* **Task requirements**: Output each line of the data word for word, from the first through the line that holds "-- internal/encoder/le_generic.go, which", and leave off whatever follows.

******

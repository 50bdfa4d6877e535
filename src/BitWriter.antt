-- ===== src/BitWriter.antt =====
-- The encoder's bit writer (internal/encoder/bitwriter.go, and writeBits of
-- internal/encoder/le_generic.go, which the other byte orders' variants equal). The buffer is the
-- slice up to its capacity; a write that does not fit, where Go panics, is none.
pub mod Written
pub mod Fields
pub mod Align
use go_brrr.Prelude.{
  ℕ, zero, suc, ◌+◌, ◌-◌, ◌*◌, ◌/◌, ◌%◌, ◌^◌, bit_and, bit_or, List, [], ◌∷◌, ◌++◌, leb,
  if◌then◌else◌, get_or, set, take, drop, length, Option, none, some, ◌==◌, ltb,
}

pub record BitWriter : Type 0 where
  pub buf : List ℕ
  pub bit_offset : ℕ

-- `binary.LittleEndian.PutUint64`, for k bytes.
unfoldable pub le_bytes : ℕ → ℕ → List ℕ
le_bytes zero v = []
le_bytes (suc k) v = v % 256 ∷ le_bytes k (v / 256)

-- The eight bytes at the writer's position.
unfoldable pub put_word : ℕ → ℕ → List ℕ → List ℕ
put_word at v buf = take at buf ++ (le_bytes 8 v ++ drop (at + 8) buf)

unfoldable pub write_bits : ℕ → ℕ → BitWriter → Option BitWriter
write_bits nbits value b =
    let byte_pos = b.bit_offset / 8 in
    let bit_off = b.bit_offset % 8 in
    if leb (byte_pos + 8) (length b.buf)
    then (let v = bit_or (get_or b.buf byte_pos 0) (value * 2 ^ bit_off % 2 ^ 64) in
        some record { buf = put_word byte_pos v b.buf; bit_offset = b.bit_offset + nbits })
    else none

-- `(b.bitOffset + 7) &^ 7`.
unfoldable pub byte_align : BitWriter → BitWriter
byte_align b = record b { bit_offset = b.bit_offset + 7 - (b.bit_offset + 7) % 8 }

-- The byte after the data is cleared, and has to be there.
unfoldable pub write_bytes : List ℕ → BitWriter → Option BitWriter
write_bytes bytes b =
    let off = b.bit_offset / 8 in
    if ltb (off + length bytes) (length b.buf)
    then some record {
      buf = take off b.buf ++ (bytes ++ (0 ∷ drop (off + length bytes + 1) b.buf));
      bit_offset = b.bit_offset + length bytes * 8;
    }
    else none

-- `mask` keeps the bits before the position.
unfoldable pub rewind_to : ℕ → BitWriter → BitWriter
rewind_to bit_offset b =
    let mask = 2 ^ (bit_offset % 8) - 1 in
    let at = bit_offset / 8 in
    record { buf = set b.buf at (bit_and (get_or b.buf at 0) mask); bit_offset = bit_offset }
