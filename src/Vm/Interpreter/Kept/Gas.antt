-- ===== src/Vm/Interpreter/Kept/Gas.antt =====
-- The state after a gas function (vm/gas_table.go, vm/operations_acl.go).
use cardinal_evm.Prelude.{
  ℕ, ◌≡◌, ◌==◌, ◌+◌, leb, not, ◌&&◌, ◌||◌, arith, refl, Bool, true, false, Option, none, some,
  if◌then◌else◌,
}
use cardinal_evm.Prelude.Int.{is_zero_ℤ}
use cardinal_evm.State.Account.{Address, Hash, Backend}
use cardinal_evm.State.Db.{StateDb}
use cardinal_evm.State.Db.Kept.{Kept, Kept-refl, Kept-same, Kept-trans, Kept-if, Kept-if_pair}
use cardinal_evm.State.Db.Ops
use cardinal_evm.State.Db.Kept.Methods.{
  get_state-Kept, get_committed_state-Kept, add_refund-Kept, sub_refund-Kept, empty-Kept,
  exist-Kept, get_code-Kept, get_balance-Kept, has_suicided-Kept, add_address-Kept, add_slot-Kept,
}
use cardinal_evm.Vm.Uint256.{Uint256}
use cardinal_evm.Vm.Math.{safe_add}
use cardinal_evm.Vm.Params
use cardinal_evm.Vm.Frame
use cardinal_evm.Vm.Frame.{
  Frame, Outcome, ok, err, panic, M, ◌>>=◌, ◌>>◌, pure, back, checked, ask, tell, tell_checked,
}
use cardinal_evm.Vm.GasTable
use cardinal_evm.Vm.GasTable.{memory_gas_cost}
use cardinal_evm.Vm.GasTable.Sstore
use cardinal_evm.Vm.GasTable.Sstore.{Schedule}
use cardinal_evm.Vm.GasTable.Calls
use cardinal_evm.Vm.GasTable.Calls.Cold
use cardinal_evm.Vm.GasTable.Calls.Keeps.{
  Call, call, call_code, delegate_call, static_call, calculator,
}
use cardinal_evm.Vm.JumpTable.Operation.{
  GasFunc, sstore_gas, sstore_eip2200_gas, sstore_eip2929_gas, sstore_eip3529_gas,
  sload_eip2929_gas, ext_code_copy_eip2929_gas, account_check_eip2929_gas, call_gas, call_code_gas,
  delegate_call_gas, static_call_gas, call_eip2929_gas, call_code_eip2929_gas,
  delegate_call_eip2929_gas, static_call_eip2929_gas, call_eip7702_gas, call_code_eip7702_gas,
  delegate_call_eip7702_gas, static_call_eip7702_gas, selfdestruct_gas, selfdestruct_eip2929_gas,
  selfdestruct_eip3529_gas,
}
use cardinal_evm.Vm.Interpreter.Dispatch.{gas_of}
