-- ===== src/Networking/GuestList/Expiry.antt =====
-- When a rule ends: `guestlist_clear`, and `guestlist_tick` after a timed rule.
use aevros.Base.{
  ℕ, ◌≤◌, ◌≡◌, ◌≢◌, refl, inl, inr, true, false, ◌||◌, List, some, arith, if◌then◌else◌, ltb, ◌==◌,
  Bool-cases, Option-cases, add32, bytes_eq, bytes_eq→eq, bytes_eq_refl, find, find-passes,
  find-map_one, find-update_self, find-update_new, find-update_other, count→find_none,
  find_none→count, count-update_loss, update_first-none, update_first,
}
use aevros.Networking.GuestList.{
  Verdict, no_rule, Entry, matches, is_free, find_entry, set, set_timed, clear, tick, check, expire,
}
use aevros.Networking.GuestList.Lookup.{matches_apart}
use aevros.Networking.GuestList.Unique.{IsUnique, set-IsUnique, set_timed-IsUnique, expire_drops}

module _ (ip : List ℕ) (v : Verdict) (t : List Entry) where
  -- The slot that `guestlist_set` leaves for the address: its deadline is that of the slot it took.
  set-found :
      (set ip v t).1 ≡ true
      → (e : Entry) × (find (matches ip) (set ip v t).0 ≡ some e) × (e.action ≡ v)
  unfolding set find_entry
  set-found h = elim (Option-cases (find (matches ip) t)) [
    | inr (e, hit) ↦ (
      record e { action = v },
      ground (
        arith,
        hit,
        find-update_self (matches ip) (matches ip) (λ x. record x { action = v }) t (λ a. refl)
            (λ a m. m),
      ),
      refl,
    )
    | inl miss ↦ elim (Option-cases (find is_free t)) [
      | inl full ↦ absurd (ground (arith, miss, full))
      | inr (e, free) ↦ (
        record e { ip = ip; action = v; in_use = true },
        ground (
          arith,
          miss,
          free,
          find-update_new is_free (matches ip)
              (λ x. record x { ip = ip; action = v; in_use = true }) t (λ a m. bytes_eq_refl ip)
              miss,
        ),
        refl,
      )
    ]
  ]

-- What a tick leaves of the rule of one address.
check-tick :
    (ip : List ℕ) (later : ℕ) (t : List Entry) (e : Entry)
    → IsUnique t
    → find (matches ip) t ≡ some e
    → check ip (tick later t)
      ≡ (if e.expires_at_tick == 0 || ltb later e.expires_at_tick then e.action else no_rule)
unfolding check tick find_entry
check-tick ip later t e u h = ground (
  arith,
  h,
  find-passes (matches ip) t h,
  find-map_one (matches ip) (expire later) (expire_drops later ip) t (u.single ip),
)

set_timed-found :
    (now : ℕ) (ip : List ℕ) (v : Verdict) (d : ℕ) (t : List Entry)
    → (set_timed now ip v d t).1 ≡ true
    → (e : Entry) × (find (matches ip) (set_timed now ip v d t).0 ≡ some e)
      × (e.action ≡ v)
      × (e.expires_at_tick ≡ add32 now d)
unfolding set_timed
set_timed-found now ip v d t h =
    let done : (set ip v t).1 ≡ true = ground arith in
    let (e, hit, same) = set-found ip v t done in
    (
      record e { expires_at_tick = add32 now d },
      ground (
        arith,
        done,
        hit,
        find-update_self (matches ip) (matches ip) (λ x. record x { expires_at_tick = add32 now d })
            (set ip v t).0 (λ a. refl) (λ a m. m),
      ),
      same,
      refl,
    )

module _ (ip : List ℕ) (v : Verdict) (t : List Entry) (u : IsUnique t) (later : ℕ) where
  -- A rule set for `d` ticks answers after a tick that comes below its deadline, and the first
  -- tick at or after the deadline takes the rule away. A deadline that wraps round to 0 never
  -- comes: the rule stays.
  pub check-tick-set_timed :
      (now d : ℕ)
      → (set_timed now ip v d t).1 ≡ true
      → check ip (tick later (set_timed now ip v d t).0)
        ≡ (if add32 now d == 0 || ltb later (add32 now d) then v else no_rule)
  check-tick-set_timed now d h =
      let (e, hit, same, deadline) = set_timed-found now ip v d t h in
      ground (
        arith,
        same,
        deadline,
        check-tick ip later (set_timed now ip v d t).0 e (set_timed-IsUnique now ip v d t u) hit,
      )

  -- `guestlist_set` leaves the deadline of a rule that it overwrites: an address whose old rule
  -- had the deadline `e.expires_at_tick` loses the new rule, set with no deadline, at the first
  -- tick at or after it.
  pub check-tick-set_stale :
      (e : Entry)
      → find_entry ip t ≡ some e
      → e.expires_at_tick ≢ 0
      → e.expires_at_tick ≤ later
      → check ip (tick later (set ip v t).0) ≡ no_rule
  unfolding find_entry set
  check-tick-set_stale e h timed past = ground (
    arith,
    h,
    find-update_self (matches ip) (matches ip) (λ x. record x { action = v }) t (λ a. refl)
        (λ a m. m),
    check-tick ip later (set ip v t).0 (record e { action = v }) (set-IsUnique ip v t u),
  )

-- After `guestlist_clear` the address has no rule, and every other address keeps its answer.
pub check-clear :
    (ip j : List ℕ) (t : List Entry)
    → IsUnique t
    → check j (clear ip t) ≡ (if bytes_eq ip j then no_rule else check j t)
unfolding check clear find_entry
check-clear ip j t u = elim (Bool-cases (bytes_eq ip j)) [
  | inl same ↦ ground (
    arith,
    bytes_eq→eq ip j same,
    u.single ip,
    find_none→count (matches ip) t,
    update_first-none (matches ip) (matches ip) gone t,
    count-update_loss (matches ip) (matches ip) gone t (λ a m. m) (λ a m. refl),
    count→find_none (matches ip) (update_first (matches ip) gone t),
  )
  | inr apart ↦ ground (
    arith,
    find-update_other (matches ip) (matches j) gone t (matches_apart ip j apart) (λ a m. refl),
  )
]
  where
    gone : Entry → Entry
    gone e = record e { in_use = false }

******

* **Solution to this problem**:
repository 50bdfa4d6877e535
filename src/BitWriter.antt
-- ===== src/BitWriter.antt =====
-- The encoder's bit writer (internal/encoder/bitwriter.go, and writeBits of
-- internal/encoder/le_generic.go, which the other byte orders' variants equal). The buffer is the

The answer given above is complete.